> [Instructions for the task]: All lines in the data below carrying the string "kind" are to be located and copied.

> [Stored items]:
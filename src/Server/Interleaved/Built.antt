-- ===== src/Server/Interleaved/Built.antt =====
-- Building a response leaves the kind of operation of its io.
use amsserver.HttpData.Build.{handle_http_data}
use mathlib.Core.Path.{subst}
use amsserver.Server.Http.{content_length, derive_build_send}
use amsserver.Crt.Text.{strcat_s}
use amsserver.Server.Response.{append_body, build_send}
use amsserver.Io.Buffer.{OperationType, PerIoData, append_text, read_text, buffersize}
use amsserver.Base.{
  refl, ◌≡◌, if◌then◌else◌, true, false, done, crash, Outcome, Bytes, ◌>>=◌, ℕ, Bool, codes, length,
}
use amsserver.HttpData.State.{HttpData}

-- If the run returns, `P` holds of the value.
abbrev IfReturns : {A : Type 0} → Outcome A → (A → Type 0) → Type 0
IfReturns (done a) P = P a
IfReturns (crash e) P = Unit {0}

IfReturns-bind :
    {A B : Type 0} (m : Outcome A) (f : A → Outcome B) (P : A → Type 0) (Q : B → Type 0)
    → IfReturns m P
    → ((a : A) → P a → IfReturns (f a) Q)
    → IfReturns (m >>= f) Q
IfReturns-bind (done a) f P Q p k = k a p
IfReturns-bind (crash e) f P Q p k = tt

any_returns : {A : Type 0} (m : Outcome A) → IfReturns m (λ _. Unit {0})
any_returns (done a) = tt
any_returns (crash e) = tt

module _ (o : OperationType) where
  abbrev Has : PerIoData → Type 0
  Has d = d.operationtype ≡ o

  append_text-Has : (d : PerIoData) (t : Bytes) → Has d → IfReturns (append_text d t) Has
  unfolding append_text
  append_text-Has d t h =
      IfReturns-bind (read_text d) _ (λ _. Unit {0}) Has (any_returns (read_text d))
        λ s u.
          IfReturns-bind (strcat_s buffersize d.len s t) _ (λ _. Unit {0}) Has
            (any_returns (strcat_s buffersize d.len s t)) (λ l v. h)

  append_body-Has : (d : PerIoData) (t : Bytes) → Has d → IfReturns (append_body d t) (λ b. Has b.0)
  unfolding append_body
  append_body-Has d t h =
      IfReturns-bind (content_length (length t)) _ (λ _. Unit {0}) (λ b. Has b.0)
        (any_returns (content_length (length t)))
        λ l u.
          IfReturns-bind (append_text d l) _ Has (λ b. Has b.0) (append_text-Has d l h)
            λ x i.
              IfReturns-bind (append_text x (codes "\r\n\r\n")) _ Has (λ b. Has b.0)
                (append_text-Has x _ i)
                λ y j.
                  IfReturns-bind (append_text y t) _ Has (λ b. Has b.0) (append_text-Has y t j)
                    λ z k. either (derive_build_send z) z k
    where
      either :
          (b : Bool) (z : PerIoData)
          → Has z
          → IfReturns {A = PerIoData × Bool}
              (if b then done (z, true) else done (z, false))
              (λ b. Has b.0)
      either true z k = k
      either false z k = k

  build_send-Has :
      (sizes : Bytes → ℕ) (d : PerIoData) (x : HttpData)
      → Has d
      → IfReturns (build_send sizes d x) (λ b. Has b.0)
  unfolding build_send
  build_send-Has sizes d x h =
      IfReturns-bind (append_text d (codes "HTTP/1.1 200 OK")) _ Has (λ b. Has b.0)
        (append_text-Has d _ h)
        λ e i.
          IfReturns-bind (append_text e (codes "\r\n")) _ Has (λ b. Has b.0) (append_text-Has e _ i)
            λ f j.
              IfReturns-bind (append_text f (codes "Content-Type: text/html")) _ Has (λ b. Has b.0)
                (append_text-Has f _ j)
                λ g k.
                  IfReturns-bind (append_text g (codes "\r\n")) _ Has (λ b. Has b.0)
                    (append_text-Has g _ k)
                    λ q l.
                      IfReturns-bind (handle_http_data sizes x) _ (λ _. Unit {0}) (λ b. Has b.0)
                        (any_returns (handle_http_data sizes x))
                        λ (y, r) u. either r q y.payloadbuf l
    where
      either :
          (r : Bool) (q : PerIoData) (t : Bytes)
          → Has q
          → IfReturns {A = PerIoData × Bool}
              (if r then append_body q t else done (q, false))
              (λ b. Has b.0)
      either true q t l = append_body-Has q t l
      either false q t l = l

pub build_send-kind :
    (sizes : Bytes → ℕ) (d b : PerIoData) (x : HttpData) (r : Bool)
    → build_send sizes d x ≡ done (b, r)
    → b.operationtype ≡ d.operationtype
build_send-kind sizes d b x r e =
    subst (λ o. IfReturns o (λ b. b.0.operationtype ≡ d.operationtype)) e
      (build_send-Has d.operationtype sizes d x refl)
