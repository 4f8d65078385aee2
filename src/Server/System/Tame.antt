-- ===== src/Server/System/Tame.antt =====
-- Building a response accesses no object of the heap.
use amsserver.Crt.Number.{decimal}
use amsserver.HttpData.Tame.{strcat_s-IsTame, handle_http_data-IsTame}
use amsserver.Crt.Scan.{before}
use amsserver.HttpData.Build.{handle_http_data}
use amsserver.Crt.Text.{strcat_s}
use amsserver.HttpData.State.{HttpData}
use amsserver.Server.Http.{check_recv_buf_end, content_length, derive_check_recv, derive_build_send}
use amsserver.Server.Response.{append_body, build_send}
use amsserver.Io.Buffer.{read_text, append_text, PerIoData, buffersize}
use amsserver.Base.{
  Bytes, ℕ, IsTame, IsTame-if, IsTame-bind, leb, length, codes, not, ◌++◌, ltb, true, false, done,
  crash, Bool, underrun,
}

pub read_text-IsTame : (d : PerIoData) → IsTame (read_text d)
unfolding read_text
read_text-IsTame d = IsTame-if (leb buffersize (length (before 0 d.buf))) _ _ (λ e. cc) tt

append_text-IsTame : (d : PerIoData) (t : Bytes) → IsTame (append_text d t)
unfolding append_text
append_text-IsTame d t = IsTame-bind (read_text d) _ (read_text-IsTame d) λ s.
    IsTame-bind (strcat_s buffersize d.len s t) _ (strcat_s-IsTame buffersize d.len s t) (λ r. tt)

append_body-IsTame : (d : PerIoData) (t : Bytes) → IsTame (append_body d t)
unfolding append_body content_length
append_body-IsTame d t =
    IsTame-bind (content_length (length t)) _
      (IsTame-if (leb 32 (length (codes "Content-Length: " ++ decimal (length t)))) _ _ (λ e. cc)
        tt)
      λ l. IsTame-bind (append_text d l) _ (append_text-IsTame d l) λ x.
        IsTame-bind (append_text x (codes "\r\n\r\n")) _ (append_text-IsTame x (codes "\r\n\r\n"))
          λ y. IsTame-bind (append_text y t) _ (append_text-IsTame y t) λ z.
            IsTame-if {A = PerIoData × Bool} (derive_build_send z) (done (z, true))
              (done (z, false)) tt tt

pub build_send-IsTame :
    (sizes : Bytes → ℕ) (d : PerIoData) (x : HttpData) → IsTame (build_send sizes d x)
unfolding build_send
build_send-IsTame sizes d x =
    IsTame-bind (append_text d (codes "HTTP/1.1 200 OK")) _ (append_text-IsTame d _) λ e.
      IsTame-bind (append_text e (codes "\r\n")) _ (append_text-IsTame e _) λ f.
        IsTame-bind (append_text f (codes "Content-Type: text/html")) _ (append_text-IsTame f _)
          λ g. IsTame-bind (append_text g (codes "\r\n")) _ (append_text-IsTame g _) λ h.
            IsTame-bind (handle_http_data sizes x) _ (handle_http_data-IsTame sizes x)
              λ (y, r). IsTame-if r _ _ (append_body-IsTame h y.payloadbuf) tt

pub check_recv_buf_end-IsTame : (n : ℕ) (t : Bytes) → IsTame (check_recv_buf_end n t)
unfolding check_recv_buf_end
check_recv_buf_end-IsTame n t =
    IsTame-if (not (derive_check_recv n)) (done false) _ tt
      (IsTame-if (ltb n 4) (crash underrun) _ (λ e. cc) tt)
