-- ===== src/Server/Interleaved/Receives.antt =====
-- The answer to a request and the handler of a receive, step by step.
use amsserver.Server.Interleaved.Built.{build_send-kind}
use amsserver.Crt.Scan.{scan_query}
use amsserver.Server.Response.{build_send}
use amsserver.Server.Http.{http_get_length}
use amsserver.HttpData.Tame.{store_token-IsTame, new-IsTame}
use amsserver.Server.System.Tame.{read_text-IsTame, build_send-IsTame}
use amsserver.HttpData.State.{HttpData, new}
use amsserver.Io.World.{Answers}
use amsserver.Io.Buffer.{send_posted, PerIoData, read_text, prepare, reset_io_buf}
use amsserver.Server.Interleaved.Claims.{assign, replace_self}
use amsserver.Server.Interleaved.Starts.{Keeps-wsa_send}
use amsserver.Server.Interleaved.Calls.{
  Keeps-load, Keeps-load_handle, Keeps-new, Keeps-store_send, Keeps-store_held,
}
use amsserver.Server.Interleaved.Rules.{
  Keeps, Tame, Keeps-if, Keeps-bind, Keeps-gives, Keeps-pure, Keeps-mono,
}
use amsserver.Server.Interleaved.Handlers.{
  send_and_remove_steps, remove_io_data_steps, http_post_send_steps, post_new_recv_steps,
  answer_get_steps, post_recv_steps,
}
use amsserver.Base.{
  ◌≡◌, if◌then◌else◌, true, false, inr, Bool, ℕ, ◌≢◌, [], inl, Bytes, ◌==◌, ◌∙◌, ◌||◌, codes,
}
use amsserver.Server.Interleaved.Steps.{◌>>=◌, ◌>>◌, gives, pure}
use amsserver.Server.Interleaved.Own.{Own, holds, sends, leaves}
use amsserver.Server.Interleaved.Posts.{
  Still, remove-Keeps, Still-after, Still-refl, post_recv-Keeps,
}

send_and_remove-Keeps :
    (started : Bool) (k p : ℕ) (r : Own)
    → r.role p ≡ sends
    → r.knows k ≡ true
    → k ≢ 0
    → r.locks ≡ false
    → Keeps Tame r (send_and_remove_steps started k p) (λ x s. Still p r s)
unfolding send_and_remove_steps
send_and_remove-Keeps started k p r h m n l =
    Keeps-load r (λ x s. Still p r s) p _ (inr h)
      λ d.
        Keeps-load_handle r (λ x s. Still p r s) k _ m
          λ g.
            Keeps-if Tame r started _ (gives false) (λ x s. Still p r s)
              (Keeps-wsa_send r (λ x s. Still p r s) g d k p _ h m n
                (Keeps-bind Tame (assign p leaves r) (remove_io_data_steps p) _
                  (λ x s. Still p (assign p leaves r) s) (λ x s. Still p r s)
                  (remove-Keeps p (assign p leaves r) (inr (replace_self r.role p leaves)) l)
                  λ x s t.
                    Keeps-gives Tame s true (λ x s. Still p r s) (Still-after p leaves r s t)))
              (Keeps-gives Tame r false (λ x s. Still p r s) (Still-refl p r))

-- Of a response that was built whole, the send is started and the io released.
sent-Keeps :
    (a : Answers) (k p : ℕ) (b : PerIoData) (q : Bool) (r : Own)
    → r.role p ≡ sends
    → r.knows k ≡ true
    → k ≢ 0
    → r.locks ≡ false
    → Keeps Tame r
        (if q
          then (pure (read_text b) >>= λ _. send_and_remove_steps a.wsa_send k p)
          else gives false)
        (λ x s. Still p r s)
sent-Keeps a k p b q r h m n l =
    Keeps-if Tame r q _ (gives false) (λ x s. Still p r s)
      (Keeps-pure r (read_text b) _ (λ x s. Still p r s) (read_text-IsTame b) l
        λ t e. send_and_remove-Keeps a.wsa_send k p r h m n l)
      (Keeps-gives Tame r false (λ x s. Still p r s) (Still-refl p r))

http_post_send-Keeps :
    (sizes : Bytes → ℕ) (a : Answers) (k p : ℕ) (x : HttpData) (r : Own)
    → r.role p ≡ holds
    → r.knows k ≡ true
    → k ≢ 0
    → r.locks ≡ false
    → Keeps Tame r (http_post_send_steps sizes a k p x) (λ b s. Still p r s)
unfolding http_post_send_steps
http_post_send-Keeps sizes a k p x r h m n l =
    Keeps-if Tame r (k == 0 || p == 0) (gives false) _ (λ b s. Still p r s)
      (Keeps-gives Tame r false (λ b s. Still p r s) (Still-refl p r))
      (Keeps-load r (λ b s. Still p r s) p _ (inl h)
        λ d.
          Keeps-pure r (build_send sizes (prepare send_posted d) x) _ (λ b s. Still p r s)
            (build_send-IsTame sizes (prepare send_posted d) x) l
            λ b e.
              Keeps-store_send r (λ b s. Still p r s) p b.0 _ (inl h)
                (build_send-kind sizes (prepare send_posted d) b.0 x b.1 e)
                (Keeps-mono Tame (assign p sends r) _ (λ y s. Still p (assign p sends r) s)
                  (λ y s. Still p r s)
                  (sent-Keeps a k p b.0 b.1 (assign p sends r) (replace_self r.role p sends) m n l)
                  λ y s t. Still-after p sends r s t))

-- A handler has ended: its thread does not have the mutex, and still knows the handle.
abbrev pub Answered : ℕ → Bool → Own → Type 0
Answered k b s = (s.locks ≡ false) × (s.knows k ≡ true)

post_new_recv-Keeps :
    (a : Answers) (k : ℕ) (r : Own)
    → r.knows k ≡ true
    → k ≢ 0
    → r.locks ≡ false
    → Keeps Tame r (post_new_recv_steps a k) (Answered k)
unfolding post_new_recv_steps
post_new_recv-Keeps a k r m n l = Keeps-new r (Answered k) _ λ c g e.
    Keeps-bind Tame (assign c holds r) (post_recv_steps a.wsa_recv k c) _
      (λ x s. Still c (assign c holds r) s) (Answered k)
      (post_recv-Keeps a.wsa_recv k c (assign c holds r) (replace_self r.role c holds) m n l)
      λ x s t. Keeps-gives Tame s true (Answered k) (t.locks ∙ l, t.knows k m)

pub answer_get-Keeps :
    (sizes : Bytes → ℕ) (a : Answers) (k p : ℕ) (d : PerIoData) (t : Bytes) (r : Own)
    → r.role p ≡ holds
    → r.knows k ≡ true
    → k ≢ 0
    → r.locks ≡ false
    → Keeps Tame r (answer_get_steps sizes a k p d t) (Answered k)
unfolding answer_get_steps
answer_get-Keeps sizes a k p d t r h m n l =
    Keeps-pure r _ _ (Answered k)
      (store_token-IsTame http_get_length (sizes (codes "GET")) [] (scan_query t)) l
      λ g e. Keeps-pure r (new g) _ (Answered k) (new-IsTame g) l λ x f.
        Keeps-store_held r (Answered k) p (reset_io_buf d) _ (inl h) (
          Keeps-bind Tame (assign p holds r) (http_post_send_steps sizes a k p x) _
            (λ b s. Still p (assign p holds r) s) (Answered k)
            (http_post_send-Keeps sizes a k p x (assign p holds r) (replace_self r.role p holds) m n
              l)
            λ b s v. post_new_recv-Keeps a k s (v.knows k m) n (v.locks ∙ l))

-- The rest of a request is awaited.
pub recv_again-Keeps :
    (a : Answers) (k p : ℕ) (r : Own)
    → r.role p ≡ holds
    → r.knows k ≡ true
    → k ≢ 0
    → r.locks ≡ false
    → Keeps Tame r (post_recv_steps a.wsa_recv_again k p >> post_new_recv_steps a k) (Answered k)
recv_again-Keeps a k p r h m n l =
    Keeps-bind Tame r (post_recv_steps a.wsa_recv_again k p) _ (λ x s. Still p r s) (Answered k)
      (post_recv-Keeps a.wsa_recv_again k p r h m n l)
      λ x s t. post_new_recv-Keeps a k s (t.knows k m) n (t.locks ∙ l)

> [Answer to the problem]:
-- Building a response leaves the kind of operation of its io.
pub build_send-kind :
build_send-kind sizes d b x r e =
use amsserver.Server.Interleaved.Built.{build_send-kind}
                (build_send-kind sizes (prepare send_posted d) b.0 x b.1 e)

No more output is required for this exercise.